INSTRUCTIONS FOR THE TASK: Beneath this instruction is a block of data; output from it exactly the lines that run from the one containing "memory_opcodes constant_shift_funcs variable_shift_funcs" through the one containing "(constant_token-Reprints (sext16 i.signed_constant16)", inclusive.

[Saved entries]
- - -

-- ===== src/Assembly/Printing/Rendered.antt =====
-- The line that a decoded instruction is rendered as, printed.
use mips.Prelude.{
  ℕ, zero, suc, ◌+◌, ◌^◌, ◌<◌, ◌≡◌, refl, sym, subst, String, List, [], ◌∷◌, some, Bool, true,
  false, not, ◌||◌, arith, if◌then◌else◌, bool_eq, str_eq, length, get_or, All, inl, inr,
  Bool-cases, Option-cases, ◌==◌,
}
use mathlib.Core.Option.{some-injective}
use mips.Isa.{Instruction, instruction, ok, ok-injective, sext16}
use mips.Coding.Tables.{
  two_operand_immediate_opcodes, j_type_opcodes, memory_opcodes, constant_shift_funcs,
  variable_shift_funcs, three_reg_operand_funcs,
}
use mips.Coding.Decode.{
  Fields, fields, immediate_instruction, lui_instruction, branch_instruction, jump_instruction,
  memory_instruction, constant_shift_instruction, variable_shift_instruction,
  three_registers_instruction, word_directive, decode_instruction,
}
use mips.Coding.Families.{Families, decode_fields-all}
use mips.Coding.RoundTrip.Layout.{FieldsOf, fields-FieldsOf}
use mips.Assembly.Token.{ArgToken, TokenizedInstruction, TokenizedLine}
use mips.Assembly.Template.{
  ArgumentType, register, signed_constant16, unsigned_constant16, constant5, absolute_code_pointer,
  relative_code_pointer, memory_address, Template, templates, match, is_register, register_count,
}
use mips.Assembly.Parse.{parse_from, parse_tokenized_instruction}
use mips.Assembly.Lines.{line_instruction}
use mips.Assembly.Render.{
  render_argument, render_arguments, render_pointer, pointer_token, instruction_line, render_from,
  render,
}
use mips.Assembly.Printing.Arguments.{Reprints, register_token-Reprints, constant_token-Reprints}
use mips.Assembly.Printing.Memory.{memory_token-Reprints}
use mips.Assembly.Printing.Calls.{is_recognized}
use mips.Assembly.Printing.Lines.{Printed, directive-Printed, instruction-Printed}

-- The fields of a decoded instruction are within the bounds of their types.
record Bounded (i : Instruction) : Type 0 where
  registers-lt : All (λ r. r < 32) i.registers
  unsigned-lt : i.unsigned_constant16 < 2 ^ 16
  signed-lt : i.signed_constant16 < 2 ^ 16
  constant5-lt : i.constant5 < 32
  no_symbol : i.code_pointer.is_symbol ≡ false
  pointer-lt : i.code_pointer.constant < 2 ^ 32
  base-lt : i.memory_reference.register < 32
  offset-lt : i.memory_reference.offset < 2 ^ 16
  word-lt : i.raw_word < 2 ^ 32

fields-Families : (w : ℕ) (f : Fields) → w < 2 ^ 32 → FieldsOf w f → Families Bounded w f
unfolding immediate_instruction lui_instruction branch_instruction jump_instruction
    memory_instruction constant_shift_instruction variable_shift_instruction
    three_registers_instruction word_directive two_operand_immediate_opcodes j_type_opcodes
    memory_opcodes constant_shift_funcs variable_shift_funcs three_reg_operand_funcs
fields-Families w f h of = ground arith

nop-Bounded : Bounded (instruction "NOP" [])
nop-Bounded = ground arith

decode_instruction-Bounded : (w : ℕ) → w < 2 ^ 32 → Bounded (decode_instruction w)
unfolding decode_instruction
decode_instruction-Bounded w h = elim (Bool-cases (w == 0)) [
  | inl no_word ↦ rw no_word nop-Bounded
  | inr other ↦ rw other (
      decode_fields-all Bounded w (fields w) (fields-Families w (fields w) h (fields-FieldsOf w h)))
]

get_or-lt : (rs : List ℕ) (n : ℕ) → All (λ r. r < 32) rs → get_or rs n 0 < 32
get_or-lt [] n all = omega arith
get_or-lt (r ∷ rs) zero all = all.0
get_or-lt (r ∷ rs) (suc n) all = get_or-lt rs n all.1

module _ (i : Instruction) (b : Bounded i) where
  render_pointer-Reprints :
      (absolute : Bool) (t : ArgToken)
      → render_pointer absolute i.code_pointer ≡ some t
      → Reprints t
  unfolding render_pointer pointer_token
  render_pointer-Reprints absolute t h =
      elim (Bool-cases (not (bool_eq i.code_pointer.absolute absolute))) [
        | inl other ↦ let q = rw other at h in absurd (cc)
        | inr same ↦
            subst Reprints (some-injective _ t (rw b.no_symbol at (rw same at h)))
              (constant_token-Reprints i.code_pointer.constant b.pointer-lt)
      ]

  render_argument-Reprints :
      (a : ArgumentType) (n : ℕ) (t : ArgToken) → render_argument a n i ≡ some t → Reprints t
  unfolding render_argument
  render_argument-Reprints register n t h =
      subst Reprints (some-injective _ t h)
        (register_token-Reprints (get_or i.registers n 0) (get_or-lt i.registers n b.registers-lt))
  render_argument-Reprints signed_constant16 n t h =
      let c-lt : sext16 i.signed_constant16 < 2 ^ 32 = ground (arith, b.signed-lt) in
      subst Reprints (some-injective _ t h)
        (constant_token-Reprints (sext16 i.signed_constant16) c-lt)
  render_argument-Reprints unsigned_constant16 n t h =
      subst Reprints (some-injective _ t h)
        (constant_token-Reprints i.unsigned_constant16 (omega (arith, b.unsigned-lt)))
  render_argument-Reprints constant5 n t h =
      subst Reprints (some-injective _ t h)
        (constant_token-Reprints i.constant5 (omega (arith, b.constant5-lt)))
  render_argument-Reprints absolute_code_pointer n t h = render_pointer-Reprints true t h
  render_argument-Reprints relative_code_pointer n t h = render_pointer-Reprints false t h
  render_argument-Reprints memory_address n t h = subst Reprints (some-injective _ t h) (
      memory_token-Reprints i.memory_reference.offset i.memory_reference.register b.offset-lt
        b.base-lt)

  render_arguments-Reprints :
      (args : List ArgumentType) (n : ℕ) (ts : List ArgToken)
      → render_arguments args n i ≡ some ts
      → All Reprints ts
  unfolding render_arguments
  render_arguments-Reprints [] n ts h = subst (All Reprints) (some-injective [] ts h) tt
  render_arguments-Reprints (a ∷ args) n ts h =
      let next = if is_register a then n + 1 else n in
      elim (Option-cases (render_argument a n i)) [
        | inl absent ↦ let q = rw absent at h in absurd (cc)
        | inr (t, made) ↦ elim (Option-cases (render_arguments args next i)) [
          | inl absent ↦ let q = rw absent at (rw made at h) in absurd (cc)
          | inr (others, more) ↦
              subst (All Reprints) (some-injective (t ∷ others) ts (rw more at (rw made at h))) (
                render_argument-Reprints a n t made,
                render_arguments-Reprints args next others more,
              )
        ]
      ]

  render_from-Reprints :
      (found : Bool) (ts : List Template) (line : TokenizedLine)
      → render_from found ts i ≡ ok line
      → (toks : List ArgToken) × (instruction_line i.name toks ≡ line) × All Reprints toks
  unfolding render_from
  render_from-Reprints true [] line h = absurd (cc)
  render_from-Reprints false [] line h = absurd (cc)
  render_from-Reprints found (template ∷ rest) line h =
      let found_now = if str_eq template.name i.name then true else found in
      elim (Bool-cases (not (str_eq template.name i.name))) [
        | inl other ↦ render_from-Reprints found_now rest line (rw other at h)
        | inr same ↦
            elim (Bool-cases (not (register_count template.arguments == length i.registers))) [
              | inl other ↦ render_from-Reprints found_now rest line (rw other at (rw same at h))
              | inr counted ↦ elim (Option-cases (render_arguments template.arguments 0 i)) [
                | inl absent ↦
                    render_from-Reprints found_now rest line
                      (rw absent at (rw counted at (rw same at h)))
                | inr (toks, made) ↦ (
                  toks,
                  ok-injective _ line (rw made at (rw counted at (rw same at h))),
                  render_arguments-Reprints template.arguments 0 toks made,
                )
              ]
            ]
      ]

-- an instruction that is parsed is of a template
parse_from-is_recognized :
    (valid_name : Bool) (ts : List Template) (t : TokenizedInstruction) (back : Instruction)
    → parse_from valid_name ts t ≡ ok back
    → is_recognized ts t ≡ true
unfolding parse_from is_recognized
parse_from-is_recognized true [] t back h = absurd (cc)
parse_from-is_recognized false [] t back h = absurd (cc)
parse_from-is_recognized valid_name (template ∷ rest) t back h =
    elim (Bool-cases (match template t)) [
      | inl fit ↦ rw fit refl
      | inr other ↦ rw other (
          parse_from-is_recognized (valid_name || str_eq template.name t.name) rest t back
            (rw other at h))
    ]

line-is_recognized :
    (n : String) (toks : List ArgToken) (back : Instruction)
    → line_instruction (instruction_line n toks) ≡ some (ok back)
    → is_recognized templates (record { name = n; arguments = toks }) ≡ true
unfolding line_instruction instruction_line parse_tokenized_instruction
line-is_recognized n toks back h =
    parse_from-is_recognized false templates (record { name = n; arguments = toks }) back
      (some-injective _ _ h)

-- The line that a decoded word is rendered as is printed as a text that is read as the line.
pub decoded-Printed :
    (w : ℕ) (line : TokenizedLine) (back : Instruction)
    → w < 2 ^ 32
    → render (decode_instruction w) ≡ ok line
    → line_instruction line ≡ some (ok back)
    → Printed line
unfolding render instruction_line
decoded-Printed w line back h rendered read =
    let i = decode_instruction w in
    let b = decode_instruction-Bounded w h in
    elim (Bool-cases (str_eq i.name ".word")) [
      | inl word ↦
          subst Printed (ok-injective _ line (rw word at rendered))
            (directive-Printed (record { name = "word"; constant = i.raw_word }) refl b.word-lt)
      | inr other ↦
          let (toks, same, each) =
            render_from-Reprints i b false templates line (rw other at rendered) in
          subst Printed same (
            instruction-Printed (record { name = i.name; arguments = toks })
              (line-is_recognized i.name toks back (rw (sym same) at read)) each)
    ]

- - -

FINISHED TASK:
    memory_opcodes constant_shift_funcs variable_shift_funcs three_reg_operand_funcs
fields-Families w f h of = ground arith

nop-Bounded : Bounded (instruction "NOP" [])
nop-Bounded = ground arith

decode_instruction-Bounded : (w : ℕ) → w < 2 ^ 32 → Bounded (decode_instruction w)
unfolding decode_instruction
decode_instruction-Bounded w h = elim (Bool-cases (w == 0)) [
  | inl no_word ↦ rw no_word nop-Bounded
  | inr other ↦ rw other (
      decode_fields-all Bounded w (fields w) (fields-Families w (fields w) h (fields-FieldsOf w h)))
]

get_or-lt : (rs : List ℕ) (n : ℕ) → All (λ r. r < 32) rs → get_or rs n 0 < 32
get_or-lt [] n all = omega arith
get_or-lt (r ∷ rs) zero all = all.0
get_or-lt (r ∷ rs) (suc n) all = get_or-lt rs n all.1

module _ (i : Instruction) (b : Bounded i) where
  render_pointer-Reprints :
      (absolute : Bool) (t : ArgToken)
      → render_pointer absolute i.code_pointer ≡ some t
      → Reprints t
  unfolding render_pointer pointer_token
  render_pointer-Reprints absolute t h =
      elim (Bool-cases (not (bool_eq i.code_pointer.absolute absolute))) [
        | inl other ↦ let q = rw other at h in absurd (cc)
        | inr same ↦
            subst Reprints (some-injective _ t (rw b.no_symbol at (rw same at h)))
              (constant_token-Reprints i.code_pointer.constant b.pointer-lt)
      ]

  render_argument-Reprints :
      (a : ArgumentType) (n : ℕ) (t : ArgToken) → render_argument a n i ≡ some t → Reprints t
  unfolding render_argument
  render_argument-Reprints register n t h =
      subst Reprints (some-injective _ t h)
        (register_token-Reprints (get_or i.registers n 0) (get_or-lt i.registers n b.registers-lt))
  render_argument-Reprints signed_constant16 n t h =
      let c-lt : sext16 i.signed_constant16 < 2 ^ 32 = ground (arith, b.signed-lt) in
      subst Reprints (some-injective _ t h)
        (constant_token-Reprints (sext16 i.signed_constant16) c-lt)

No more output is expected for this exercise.